Indonesia awaits US report on slain
corruption witness – is this the long arm of Indonesia’s BIN secret service in
play here?
Businessman
killed in Los Angeles had been due to give evidence against politicians in
graft case
Anti-corruption investigators are waiting to hear from U.S. police about
the death of a key witness. Businessman Johannes Marliem was found dead with a
gunshot wound to the head at his home in Los Angeles on Thursday.
He was a witness in a multi-million-dollar
corruption case involving senior politicians, including Parliamentary Speaker
Setya Novanto, who also leads Indonesia's second-biggest political party
Golkar.
Foreign Ministry spokesman Arrmanatha Nasir told
Anadolu Agency that it was waiting for police in California to deliver
information about Marliem’s death.
“The party that has the right to decide is the U.S.
police,” he said. “We are waiting for information from them.”
Saut Situmorang, deputy head of the Corruption
Eradication Commission, said Marliem’s death was important “because he has
something to do with the case we are dealing with.”

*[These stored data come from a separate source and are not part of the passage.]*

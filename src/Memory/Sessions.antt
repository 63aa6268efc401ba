-- ===== src/Memory/Sessions.antt =====
-- A writer, access by access, against a reader of a table whose walks lie in read-side sessions, and
-- whose sessions the writer's calls of rcuSynchronize wait for.
use relativistic_hash_table.Base.{ℕ, ◌+◌, ◌<◌, ◌≡◌, ◌≢◌, Bool, true, false, Option, none, some}
use relativistic_hash_table.Memory.{
  Ptr, BucketsInfo, Mem, Action, synchronize, Reply, Prog, act, perform,
}
use relativistic_hash_table.Memory.Trace.{is_synchronize}

-- A reader is outside of any session, or inside of one: whether the session is older than the call of
-- rcuSynchronize that the writer is in, and the cell at which the reader stands, if it has come to one.
pub data Session : Type 0 where
  outside : Session
  inside : (old : Bool) (at : Option Ptr) → Session

-- The writer has the rest of its program before it; it may be in a call of rcuSynchronize.
pub data Writer (A : Type 0) : Type 0 where
  running : Prog A → Writer A
  waiting : Prog A → Writer A

-- what a call of rcuSynchronize makes of a session
abbrev pub age : Session → Session
age Session.outside = Session.outside
age (inside old at) = inside true at

-- The writer and the reader take turns, in any order: the one is at `w` and comes to `w'`, the memory
-- is `m` and becomes `m'`, and the reader is at `s` and comes to `s'`. A call of rcuSynchronize
-- returns only when no older session is left. A walk begins at a bucket of the array that the table
-- has.
pub data Races {A : Type 0} (w' : Writer A) (m' : Mem) (s' : Session)
    : Writer A → Mem → Session → Type 0 where
  stops : Races w' m' s' w' m' s'
  writes :
      {a : Action} {k : Reply a → Prog A} {m : Mem} {s : Session} {r : Reply a} {m1 : Mem}
      → is_synchronize a ≡ false
      → perform a m ≡ some (r, m1)
      → Races w' m' s' (running (k r)) m1 s
      → Races w' m' s' (running (act a k)) m s
  calls :
      {k : Unit {0} → Prog A} {m : Mem} {s : Session}
      → Races w' m' s' (waiting (k tt)) m (age s)
      → Races w' m' s' (running (act synchronize k)) m s
  returns :
      {p : Prog A} {m : Mem} {s : Session}
      → ((at : Option Ptr) → s ≢ inside true at)
      → Races w' m' s' (running p) m s
      → Races w' m' s' (waiting p) m s
  locks :
      {w : Writer A} {m : Mem}
      → Races w' m' s' w m (inside false none)
      → Races w' m' s' w m Session.outside
  enters :
      {w : Writer A} {m : Mem} {old : Bool} {at : Option Ptr} (info : BucketsInfo) (i : ℕ)
      → m.buckets_info ≡ some info
      → i < info.nr_buckets_power_of2
      → Races w' m' s' w m (inside old (some (info.buckets + i)))
      → Races w' m' s' w m (inside old at)
  moves :
      {w : Writer A} {m : Mem} {old : Bool} {x y : Ptr}
      → m.next x ≡ some y
      → Races w' m' s' w m (inside old (some y))
      → Races w' m' s' w m (inside old (some x))
  unlocks :
      {w : Writer A} {m : Mem} {old : Bool} {at : Option Ptr}
      → Races w' m' s' w m Session.outside
      → Races w' m' s' w m (inside old at)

Marliem was the director of Biomorf, a U.S.-based
biometrics company, that was awarded the contract to supply an automated
fingerprint system for a national electronic ID card program launched in 2011.
According to investigators, around half of the
project’s 5.8 trillion Indonesian rupiah ($434 million) budget was divided
between 37 suspects, including Novanto and 23 other members of the House of
Representatives.
Fear
for life
The scam is said to have cost the state around $190
million in losses.
Novanto was described by U.S. President Donald
Trump as “one of the powerful men and a great man” during a news conference at
Trump Tower during his presidential campaign.

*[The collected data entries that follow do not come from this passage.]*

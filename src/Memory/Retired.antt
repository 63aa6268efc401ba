-- ===== src/Memory/Retired.antt =====
-- Where the readers of a table are when a program that retires cells has ended.
use relativistic_hash_table.Base.{
  ◌≡◌, ◌≢◌, refl, sym, ◌∙◌, true, false, Option, none, some, ◌⊎◌, inl, inr, subst,
}
use relativistic_hash_table.Memory.{Ptr, Mem, Action, synchronize, Reply, Prog, ret, act, perform}
use relativistic_hash_table.Memory.Trace.{is_synchronize}
use relativistic_hash_table.Memory.Retires.{
  Reached, bucket, link, Settles, ends, goes, Retires, gives_up, first, last,
}
use relativistic_hash_table.Memory.Sessions.{
  Session, inside, age, Writer, running, waiting, Races, stops, writes, calls, locks, enters, moves,
  unlocks,
}

-- The reader is at no cell, or at one that is reached from the table.
abbrev pub Stands : Mem → Session → Type 0
Stands m (inside old (some x)) = Reached m x
Stands m _ = Unit

-- The same of a reader whose session is not older than the call of rcuSynchronize.
abbrev StandsNow : Mem → Session → Type 0
StandsNow m (inside true at) = Unit
StandsNow m s = Stands m s

-- An access that keeps what is reached lets the reader stand.
Stands-keeps :
    {m m' : Mem} (s : Session) → ((x : Ptr) → Reached m x → Reached m' x) → Stands m s → Stands m' s
Stands-keeps Session.outside keeps st = tt
Stands-keeps (inside old none) keeps st = tt
Stands-keeps (inside old (some x)) keeps st = keeps x st

StandsNow-age : (m : Mem) (s : Session) → StandsNow m (age s)
StandsNow-age m Session.outside = tt
StandsNow-age m (inside old at) = tt

-- When the call returns, no older session is left.
StandsNow-Stands :
    (m : Mem) (s : Session) → ((at : Option Ptr) → s ≢ inside true at) → StandsNow m s → Stands m s
StandsNow-Stands m Session.outside gone st = tt
StandsNow-Stands m (inside true at) gone st = absurd (gone at refl)
StandsNow-Stands m (inside false none) gone st = tt
StandsNow-Stands m (inside false (some x)) gone st = st

-- The next access of a program that settles, or that is yet to call.
after_settle :
    {A : Type 0} {L : A → Mem → Type 0} {a : Action} {k : Reply a → Prog A} {m : Mem} (r : Reply a)
    (m1 : Mem)
    → Settles L (act a k) m
    → perform a m ≡ some (r, m1)
    → ((x : Ptr) → Reached m x → Reached m1 x) × Settles L (k r) m1
after_settle {A} {L} {a} {k} {m} r m1 (goes other e' keeps rest) e =
    subst Next (sym e' ∙ e) (keeps, rest)
  where
    Next : Option (Reply a × Mem) → Type 0
    Next none = Unit
    Next (some (r, m1)) = ((x : Ptr) → Reached m x → Reached m1 x) × Settles L (k r) m1

after_first :
    {A : Type 0} {E L : A → Mem → Type 0} {a : Action} {k : Reply a → Prog A} {m : Mem}
    (r : Reply a) (m1 : Mem)
    → Retires E L (act a k) m
    → is_synchronize a ≡ false
    → perform a m ≡ some (r, m1)
    → Retires E L (k r) m1
after_first r m1 (last rest) other e = cc other
after_first {A} {E} {L} {a} {k} {m} r m1 (first e' rest) other e = subst Next (sym e' ∙ e) rest
  where
    Next : Option (Reply a × Mem) → Type 0
    Next none = Unit
    Next (some (r, m1)) = Retires E L (k r) m1

after_call :
    {A : Type 0} {E L : A → Mem → Type 0} (k : Unit {0} → Prog A) {m m1 : Mem} {r : Unit {0}}
    → perform synchronize m ≡ some (r, m1)
    → Retires E L (k r) m1
    → Retires E L (k tt) m
unfolding perform
after_call {E = E} {L = L} k e now = subst Next (sym e) now
  where
    Next : Option (Unit {0} × Mem) → Type 0
    Next none = Unit
    Next (some (r, m)) = Retires E L (k r) m

abbrev rest_of : {A : Type 0} → Writer A → Prog A
rest_of (running p) = p
rest_of (waiting p) = p

module _ {A : Type 0} {L : A → Mem → Type 0} {a : A} {m' : Mem} {s' : Session} where
  -- The last call of rcuSynchronize lies behind the writer.
  settled_at :
      {p : Prog A} {m : Mem} {s : Session}
      → Races (running (ret a)) m' s' (running p) m s
      → Settles L p m
      → Stands m s
      → L a m' × Stands m' s'
  settled_at stops (ends h) st = (h, st)
  settled_at (writes {s = s} {r = r} {m1 = m1} other e rest) now st =
      let (keeps, later) = after_settle r m1 now e in
      settled_at rest later (Stands-keeps s keeps st)
  settled_at (calls rest) (goes other e keeps later) st = cc other
  settled_at (locks rest) now st = settled_at rest now tt
  settled_at (enters info i e lt rest) now st = settled_at rest now (bucket e lt)
  settled_at (moves e rest) now st = settled_at rest now (link st e)
  settled_at (unlocks rest) now st = settled_at rest now tt

  -- The writer is in that call.
  called_at :
      {p : Prog A} {m : Mem} {s : Session}
      → Races (running (ret a)) m' s' (waiting p) m s
      → Settles L p m
      → StandsNow m s
      → L a m' × Stands m' s'
  called_at (Races.returns {s = s} gone rest) now st =
      settled_at rest now (StandsNow-Stands _ s gone st)
  called_at (locks rest) now st = called_at rest now tt
  called_at (enters {old = true} info i e lt rest) now st = called_at rest now tt
  called_at (enters {old = false} info i e lt rest) now st = called_at rest now (bucket e lt)
  called_at (moves {old = true} e rest) now st = called_at rest now tt
  called_at (moves {old = false} e rest) now st = called_at rest now (link st e)
  called_at (unlocks rest) now st = called_at rest now tt

module _ {A : Type 0} {E L : A → Mem → Type 0} {a : A} {m' : Mem} {s' : Session} where
  -- In every interleaving, wherever the reader was at first: when a program that retires has ended,
  -- it has given up, or the reader is at no cell or at one that is reached from the table.
  pub retired :
      {w : Writer A} {m : Mem} {s : Session}
      → Races (running (ret a)) m' s' w m s
      → Retires E L (rest_of w) m
      → E a m' ⊎ (L a m' × Stands m' s')
  retired stops (gives_up h) = inl h
  retired (writes {r = r} {m1 = m1} other e rest) now = retired rest (after_first r m1 now other e)
  retired (calls {s = s} rest) (last later) = inr (called_at rest later (StandsNow-age _ s))
  retired (calls {k = k} rest) (first e later) = retired rest (after_call k e later)
  retired (Races.returns gone rest) now = retired rest now
  retired (locks rest) now = retired rest now
  retired (enters info i e lt rest) now = retired rest now
  retired (moves e rest) now = retired rest now
  retired (unlocks rest) now = retired rest now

He was temporarily forced to step down over
corruption allegations in 2015 after he was heard seeking a $4 billion payment
from a U.S. mining company.
Prosecutors have revealed that Marliem paid a
$200,000 as a bribe to Sugiharto, a former senior Home Ministry official who
has been jailed for five years in the case.
Alongside Novanto, two former high-ranking members
of the then ruling Democratic Party, Anas Urbaningrum and Muhammad Nazaruddin,
have also been named as key suspects in the case. It is believed they may have
influenced lawmakers to pass the project’s budget.
Days before his death, Marliem had told the Kontan
newspaper that he feared for his life. “I do not want to be published as a
witness,” he said. “It could be my life is now threatened.”
In the interview, Marliem also denied having given
bribes to Sugiharto.
In its 2015 Corruption Perceptions Index,
Transparency International ranked Indonesia 88 out of 168 countries. President
Joko Widodo has stressed his commitment to eradicating corruption.